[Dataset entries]
◇ ◇ ◇
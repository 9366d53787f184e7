-- ===== src/Controllers/PowerOperation.antt =====
-- internal/provider/controllers/power_operation.go: power a machine on or off as it is needed.
pub mod Laws
mod Tests
use omni_infra_provider_bare.Base.{
  Bool, Option, false, if◌then◌else◌, not, some, str_eq, true, ℕ, ◌&&◌, ◌||◌,
}
use omni_infra_provider_bare.Base.Int.{ltb_ℤ, ℤ}
use omni_infra_provider_bare.Resources.{
  BmcConfiguration, InfraMachine, PowerOperation, PreferredPowerState, RebootStatus, WipeStatus,
  off, on, prefer_off, prefer_on,
}
use omni_infra_provider_bare.Machine.{
  BootOptions, is_power_off_active, required_boot_mode, requires_power_on, requires_pxe_boot,
}
use omni_infra_provider_bare.Effects.{
  Capabilities, Done, Env, M, PxeMode, act, branch, call, gets, is_powered_on, lift, modify,
  power_off, power_on, pure, raise_if, requeue, set_pxe_boot_once, skip, when, with_client, ◌>>=◌,
  ◌>>◌,
}
use omni_infra_provider_bare.Controllers.Common.{
  Read, cooldown_left, require, time_since_last_power_on, validate_infra_machine,
}

-- type powerOperationControllerHelper; the BMC client factory is the environment, and `nowFunc` is a time
-- of `Inputs`.
pub record Helper : Type 0 where
  pub pxe_boot_mode : PxeMode
  pub boot_options : BootOptions
  pub min_reboot_interval : ℤ

-- What `transform` reads besides the resource that it writes, and the two clocks: `now` is the answer of
-- `nowFunc`, and `clock` the time of time.Since.
pub record Inputs : Type 0 where
  pub machine : InfraMachine
  pub bmc : Read BmcConfiguration
  pub wipe : Read WipeStatus
  pub reboot : Read RebootStatus
  pub now : ℕ
  pub clock : ℕ

unfoldable pub is_manually_powered : Capabilities → Bool
is_manually_powered caps = not (caps.power_control && caps.power_state)

-- A power-off request is acknowledged once, with the wipe id of that moment.
unfoldable pub acknowledge : InfraMachine → PowerOperation → PowerOperation
acknowledge m op =
    if not (str_eq m.power_off_request_id "")
      && not (str_eq m.power_off_request_id op.last_power_off_id)
    then record op { last_power_off_id = m.power_off_request_id; wipe_id_at_power_off = m.wipe_id }
    else op

abbrev prefers_on : PreferredPowerState → Bool
prefers_on prefer_on = true
prefers_on prefer_off = false

module _ (env : Env) (helper : Helper) (i : Inputs) where
  -- The first case of the switch.
  power_on_machine : BmcConfiguration → Option WipeStatus → M PowerOperation Done
  power_on_machine bmc wipe = do
    when
        (requires_pxe_boot
          (required_boot_mode (some i.machine) (some bmc) wipe helper.boot_options))
        (act env (set_pxe_boot_once helper.pxe_boot_mode))
    act env power_on
    modify λ op. record op { last_power_operation = on; last_power_on_timestamp = some i.now }

  -- The second case of the switch, with its cooldown.
  power_off_machine : Option RebootStatus → M PowerOperation Done
  power_off_machine reboot = do
    elapsed ← gets λ op. time_since_last_power_on i.clock (some op) reboot
    raise_if (ltb_ℤ elapsed helper.min_reboot_interval)
        (requeue (cooldown_left helper.min_reboot_interval elapsed))
    act env power_off
    modify λ op. record op { last_power_operation = off }

  -- The switch.
  switch_power :
      BmcConfiguration
      → Option WipeStatus
      → Option RebootStatus
      → (requires_on off_active is_on : Bool) → M PowerOperation Done
  unfolding power_on_machine power_off_machine
  switch_power bmc wipe reboot requires_on off_active is_on =
      branch
        (not is_on && not off_active && (requires_on || prefers_on i.machine.preferred_power_state))
        (power_on_machine bmc wipe)
        (branch (is_on && (not requires_on && not (prefers_on i.machine.preferred_power_state)))
          (power_off_machine reboot) (pure tt))

  -- What is done with the client.
  drive :
      BmcConfiguration
      → Option WipeStatus
      → Option RebootStatus
      → Bool
      → Capabilities
      → M PowerOperation Done
  unfolding switch_power
  drive bmc wipe reboot off_active caps = do
    raise_if (is_manually_powered caps) (skip "machine power management is manual")
    is_on ← call is_powered_on env.power
    switch_power bmc wipe reboot (requires_power_on i.machine wipe) off_active is_on

  unfoldable pub transform : M PowerOperation Done
  unfolding drive is_manually_powered validate_infra_machine with_client
  transform = do
    bmc ← lift i.bmc
    wipe ← lift i.wipe
    reboot ← lift i.reboot
    validate_infra_machine i.machine
    config ← require bmc "machine has no power management configuration"
    modify (acknowledge i.machine)
    off_active ← gets λ op. is_power_off_active (some i.machine) (some op)
    with_client env config (drive config wipe reboot off_active)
◇ ◇ ◇
→ **Problem to work on**:
Say how many lines of the preceding data include the word "where". The number is the whole answer.

→ **Expected answer**:
3